Iis auto menyipitkan mata. Heran sendiri. "Apa cuma gue, cewek di Jakarta ini yang nggak pernah ke Obgyn, dan nggak pernah kepikiran buat ke sana sebelum married?"
Tapi wajar, sih. Iis memang rada masa bodo orangnya.
Dan bagus malah, kalau ternyata teman-temannya lebih peduli terhadap kesehatan diri, terutama Rachel yang memang setahun lebih tua darinya—sudah masuk kepala tiga beberapa bulan lalu—dan sudah sewajarnya mulai concern ke arah sana demi mencegah sesuatu yang tidak diinginkan di masa depan.
"Apa ini berarti udah mulai ada pencerahan?" Iis bertanya lagi, merujuk pada hubungan Rachel dengan kekasihnya.
"Tentang?"
"Tanggal penting, maybe."
"Hahaha. No."
"Okay, gue nggak akan ikut-ikutan nanya 'nunggu apa lagi?' biarpun aslinya penasaran."
"Nunggu jalan tengah."
"Tengah-tengahnya CGK-JFK? Gimana kalau DXB?"
Mendengar guyonan yang sama sekali tidak seperti guyonan saking garingnya itu, Rachel mangap. Speechless. Ilfil. "Oh, c'mon. Jangan ketularan jokes-nya si Agus."

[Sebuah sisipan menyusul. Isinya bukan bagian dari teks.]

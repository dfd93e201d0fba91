-- ===== src/Address/Compare.antt =====
-- How addresses are compared (src/address.cc): by the bytes of their `sockaddr`, then by length.
use lt.Base.{
  ℕ, zero, suc, Bool, true, false, not, ◌&&◌, List, [], ◌∷◌, ◌==◌, if◌then◌else◌, ltb, leb, length,
}

-- The sign of `memcmp`.
pub data Sign : Type 0 where
  below same above : Sign

-- `memcmp` of the first bytes of two buffers that have as many.
unfoldable pub memcmp : ℕ → List ℕ → List ℕ → Sign
memcmp zero a b = same
memcmp (suc n) [] b = same
memcmp (suc n) (x ∷ xs) [] = same
memcmp (suc n) (x ∷ xs) (y ∷ ys) =
    let rest = memcmp n xs ys in if ltb x y then below else if ltb y x then above else rest

-- `std::min`.
unfoldable pub min : ℕ → ℕ → ℕ
min m n = if leb m n then m else n

-- The tests after `memcmp`, with the two lengths.
unfoldable pub decide : Sign → ℕ → ℕ → Bool
decide below m n = true
decide above m n = false
decide same m n = ltb m n

-- `operator<`.
unfoldable pub less : List ℕ → List ℕ → Bool
unfolding memcmp min decide
less a b = decide (memcmp (min (length a) (length b)) a b) (length a) (length b)

-- `operator==` and `operator!=`.
unfoldable pub is_same : Sign → Bool
is_same below = false
is_same same = true
is_same above = false

unfoldable pub equal : List ℕ → List ℕ → Bool
unfolding memcmp is_same
equal a b = length a == length b && is_same (memcmp (length a) a b)

unfoldable pub unequal : List ℕ → List ℕ → Bool
unfolding equal
unequal a b = not (equal a b)
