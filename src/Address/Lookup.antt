-- ===== src/Address/Lookup.antt =====
-- `Address::Lookup` and the calls that choose from its result (src/address.cc). A host has no zero
-- byte. `getaddrinfo` is the record `Resolver`.
use lt.Base.{
  ℕ, Bool, true, false, not, List, [], ◌∷◌, ◌++◌, map, Option, none, some, ◌==◌, if◌then◌else◌,
  is_empty,
}

-- '[', ']' and ':'.
abbrev pub open_bracket : ℕ
open_bracket = 91

abbrev pub close_bracket : ℕ
close_bracket = 93

abbrev pub colon : ℕ
colon = 58

-- `memchr`: what is before the first byte `c`, and what is after it.
unfoldable pub memchr : ℕ → List ℕ → Option (List ℕ × List ℕ)
memchr c [] = none
memchr c (x ∷ xs) =
    let rest : Option (List ℕ × List ℕ) = elim (memchr c xs) [
      | none ↦ none
      | some (before, after) ↦ some (x ∷ before, after)
    ] in
    if x == c then some ([], xs) else rest

-- The node and the service, none for NULL.
abbrev pub Split : Type 0
Split = List ℕ × Option (List ℕ)

-- `if (*(endipv6 + 1) == ':') service = endipv6 + 2;`
unfoldable pub after_bracket : List ℕ → Option (List ℕ)
after_bracket [] = none
after_bracket (c ∷ service) = if c == colon then some service else none

-- The first test: `[xxx]:service`.
unfoldable pub bracketed : List ℕ → Split
unfolding memchr after_bracket
bracketed [] = ([], none)
bracketed (c ∷ rest) =
    let found : Split = elim (memchr close_bracket rest) [
      | none ↦ ([], none)
      | some (node, after) ↦ (node, after_bracket after)
    ] in
    if c == open_bracket then found else ([], none)

-- What follows the first colon, if it is found; with a second colon, `service` keeps pointing at the
-- first one.
unfoldable pub after_colon : Option (List ℕ × List ℕ) → Split
unfolding memchr
after_colon none = ([], none)
after_colon (some (node, service)) = elim (memchr colon service) [
  | none ↦ (node, some service)
  | some _ ↦ ([], some (colon ∷ service))
]

-- The second test: `xxx:service`.
unfoldable pub plain : List ℕ → Split
unfolding memchr after_colon
plain host = after_colon (memchr colon host)

-- `Address::Lookup`, before it asks the system.
unfoldable pub split_host : List ℕ → Split
unfolding bracketed plain
split_host host =
    let (node₆, service₆) = bracketed host in
    let (node₄, service₄) = plain host in
    if not (is_empty node₆)
    then (node₆, service₆)
    else ((if is_empty node₄ then host else node₄), service₄)

-- What `Address::Create` makes of a `sockaddr`, by its family; the bytes are the rest of it.
pub data Kind : Type 0 where
  ipv4 ipv6 unknown : Kind

pub record Found : Type 0 where
  pub kind : Kind
  pub bytes : List ℕ

-- AF_INET is 2 and AF_INET6 is 10.
unfoldable pub create : ℕ × List ℕ → Found
create (family, bytes) = record {
  kind = if family == 2 then ipv4 else if family == 10 then ipv6 else unknown;
  bytes = bytes;
}

-- `dynamic_pointer_cast<IPAddress>` succeeds.
unfoldable pub is_ip : Found → Bool
is_ip a = elim a.kind [ ipv4 ↦ true | ipv6 ↦ true | unknown ↦ false ]

-- `getaddrinfo` with the node, the service, the family, the type and the protocol: `none` for an
-- error, else the list of addresses, each with its family.
abbrev pub Resolver : Type 0
Resolver = List ℕ → Option (List ℕ) → ℕ → ℕ → ℕ → Option (List (ℕ × List ℕ))

module _ (getaddrinfo : Resolver) where
  -- `Address::Lookup`; `result` is what the vector held before.
  unfoldable pub lookup : List Found → List ℕ → ℕ → ℕ → ℕ → Bool × List Found
  unfolding split_host create
  lookup result host family type protocol =
      let (node, service) = split_host host in
      elim (getaddrinfo node service family type protocol) [
        | none ↦ (false, result)
        | some found ↦ (not (is_empty (result ++ map create found)), result ++ map create found)
      ]

  -- The first of a list.
  unfoldable pub first : List Found → Option Found
  first [] = none
  first (a ∷ _) = some a

  -- The first IP address of a list.
  unfoldable pub first_ip : List Found → Option Found
  unfolding is_ip
  first_ip [] = none
  first_ip (a ∷ rest) = let found = first_ip rest in if is_ip a then some a else found

  -- `LookupAny` and `LookupAnyIPAddress`.
  unfoldable pub lookup_any : List ℕ → ℕ → ℕ → ℕ → Option Found
  unfolding lookup first
  lookup_any host family type protocol =
      let (ok, result) = lookup [] host family type protocol in if ok then first result else none

  unfoldable pub lookup_any_ip : List ℕ → ℕ → ℕ → ℕ → Option Found
  unfolding lookup first_ip
  lookup_any_ip host family type protocol =
      let (ok, result) = lookup [] host family type protocol in if ok then first_ip result else none
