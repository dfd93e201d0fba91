-- ===== src/Address/Masks.antt =====
-- The masks of IPv6 addresses and the prefix length of a network mask (src/address.cc). An address is
-- the list of the bytes of `s6_addr`; an access out of bounds is `none`.
use Prim.Native.Nat.{bit_and, bit_or}
use lt.Base.{
  ℕ, zero, suc, ◌+◌, ◌-◌, ◌/◌, ◌%◌, ◌^◌, List, [], ◌∷◌, Option, none, some, ◌==◌, if◌then◌else◌,
}

-- `CreateMask<uint8_t>(bits)` for `bits` below 8, in `int`.
unfoldable pub create_mask : ℕ → ℕ
create_mask bits = 2 ^ (8 - bits) - 1

-- `s6_addr[i] = f(s6_addr[i])`
unfoldable pub modify : ℕ → (ℕ → ℕ) → List ℕ → Option (List ℕ)
modify i f [] = none
modify zero f (b ∷ bs) = some (f b ∷ bs)
modify (suc i) f (b ∷ bs) = elim (modify i f bs) [ none ↦ none | some rest ↦ some (b ∷ rest) ]

-- `for (i = from; i < 16; ++i) s6_addr[i] = v;`
unfoldable pub fill_from : ℕ → ℕ → List ℕ → List ℕ
fill_from i v [] = []
fill_from zero v (b ∷ bs) = v ∷ fill_from zero v bs
fill_from (suc i) v (b ∷ bs) = b ∷ fill_from i v bs

-- `for (i = 0; i < to; ++i) s6_addr[i] = v;`
unfoldable pub fill_to : ℕ → ℕ → List ℕ → List ℕ
fill_to i v [] = []
fill_to zero v (b ∷ bs) = b ∷ bs
fill_to (suc i) v (b ∷ bs) = v ∷ fill_to i v bs

-- `IPv6Address::broadcastAddress` and `IPv6Address::networkAddress`.
unfoldable pub broadcast_address : ℕ → List ℕ → Option (List ℕ)
unfolding create_mask modify fill_from
broadcast_address prefix_len addr =
    elim (modify (prefix_len / 8) (λ b. bit_or b (create_mask (prefix_len % 8))) addr) [
      | none ↦ none
      | some baddr ↦ some (fill_from (prefix_len / 8 + 1) 0xff baddr)
    ]

unfoldable pub network_address : ℕ → List ℕ → Option (List ℕ)
unfolding create_mask modify fill_from
network_address prefix_len addr =
    elim (modify (prefix_len / 8) (λ b. bit_and b (create_mask (prefix_len % 8))) addr) [
      | none ↦ none
      | some baddr ↦ some (fill_from (prefix_len / 8 + 1) 0 baddr)
    ]

unfoldable pub zeros : ℕ → List ℕ
zeros zero = []
zeros (suc n) = 0 ∷ zeros n

-- `IPv6Address::subnetMask`.
unfoldable pub subnet_mask : ℕ → Option (List ℕ)
unfolding create_mask modify fill_to zeros
subnet_mask prefix_len =
    elim (modify (prefix_len / 8) (λ b. 0xff - create_mask (prefix_len % 8)) (zeros 16)) [
      | none ↦ none
      | some subnet ↦ some (fill_to (prefix_len / 8) 0xff subnet)
    ]

-- The loop of `CountBytes`, for a number of rounds; `none` if they are used up.
unfoldable pub count_loop : ℕ → ℕ → Option ℕ
count_loop zero value = if value == 0 then some 0 else none
count_loop (suc fuel) value =
    let rest : Option ℕ = elim (count_loop fuel (bit_and value (value - 1))) [
      | none ↦ none
      | some result ↦ some (suc result)
    ] in
    if value == 0 then some 0 else rest

-- `CountBytes` of a byte, and the sum of `GetInterfaceAddresses` over the bytes of a mask.
unfoldable pub count_bytes : ℕ → Option ℕ
unfolding count_loop
count_bytes value = count_loop 8 value

unfoldable pub mask_length : List ℕ → Option ℕ
unfolding count_bytes
mask_length [] = some 0
mask_length (b ∷ bs) = elim (count_bytes b) [
  | none ↦ none
  | some n ↦ elim (mask_length bs) [ none ↦ none | some m ↦ some (n + m) ]
]
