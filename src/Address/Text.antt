-- ===== src/Address/Text.antt =====
-- The text of an IPv6 address (src/address.cc). The eight groups are numbers, already in the order of
-- the machine; how a number is written, to the base 16 and to the base 10, is a parameter.
use lt.Base.{ℕ, Bool, true, false, not, ◌&&◌, List, [], ◌∷◌, ◌++◌, ◌==◌, if◌then◌else◌}
use lt.Address.Lookup.{open_bracket, close_bracket, colon}

-- `addr[7]`.
unfoldable pub last : List ℕ → ℕ
last [] = 0
last (g ∷ []) = g
last (g ∷ h ∷ gs) = last (h ∷ gs)

module _ (hex : ℕ → List ℕ) where
  -- The loop: whether `i` is not 0, `addr[i - 1]`, `used_zeros`, and the groups from `i` on. The result
  -- is what is written, and `used_zeros` after it.
  unfoldable pub insert_loop : Bool → ℕ → Bool → List ℕ → List ℕ × Bool
  insert_loop later previous used [] = ([], used)
  insert_loop later previous used (g ∷ gs) =
      let opens = later && previous == 0 && not used in
      let (text, used₁) = insert_loop true g used gs in
      let (text', used₂) = insert_loop true g true gs in
      let between = if later then colon ∷ [] else [] in
      if g == 0 && not used
      then (text, used₁)
      else if opens
      then (colon ∷ (between ++ (hex g ++ text')), used₂)
      else (between ++ (hex g ++ text), used₁)

  -- `IPv6Address::insert`; `dec` writes the port.
  unfoldable pub insert : (ℕ → List ℕ) → List ℕ → ℕ → List ℕ
  unfolding insert_loop last
  insert dec addr port =
      let (text, used_zeros) = insert_loop false 0 false addr in
      let zeros = if not used_zeros && last addr == 0 then colon ∷ colon ∷ [] else [] in
      open_bracket ∷ (text ++ (zeros ++ (close_bracket ∷ colon ∷ dec port)))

"Okay, sorry." Dan sudah seharusnya Iis malu karena guyonan Agus memang nggak pernah lucu. Ditambah template muka yang tidak mendukung pula. "Gue tahu Bimo nggak mungkin balik ke Jakarta dalam waktu dekat, dan elo juga pasti susah mutusin ikut ke NYC berhubung anak bokap-nyokap lo tinggal elo doang di sini, dan LDM juga pastinya nggak gampang karena gue aja nih sekarang susah tidur kalau nggak ada yang meluk."
"Hahaha, taik." Hampir saja Rachel menabok muka temannya pakai piring. Asli, udah terkontaminasi Agus bangeeet. "Jijik banget gue bayangin elo pelukan sama Agus. Semoga nggak melibatkan iler dan ngorok, ya."
"Ngomong-ngomong soal ngorok, siapa bilang laki lo nggak ngorok?" Iis masih saja pasang muka tembok.
"Ngoroknya Bimo layak diampuni karena dia cakep."
Okay, okay, Iis ngaku kalah. Tampang Agus emang nggak bakal menang kalau harus dibanding-bandingin sama yang lain. Tapi, bodo amat. Kalau harus punya suami seganteng Bimo, yang ada Iis bakal pusing berurusan sama cewek-cewek centil. Mending juga Agus ke mana-mana, walau muka ngepres. Track record-nya bersih. Nggak ada mantan pacar. Nggak ada mantan gebetan. Iis the one and only.
"Yuk ah, jadi ke Obgyn dulu nggak, nih?" Rachel hampir saja bangkit berdiri.
Tapi tentu saja, Ibu Iis punya alasan untuk membuat mereka berdua duduk di situ sedikit lebih lama. "Cari tau dulu, mana yang nggak ngantre."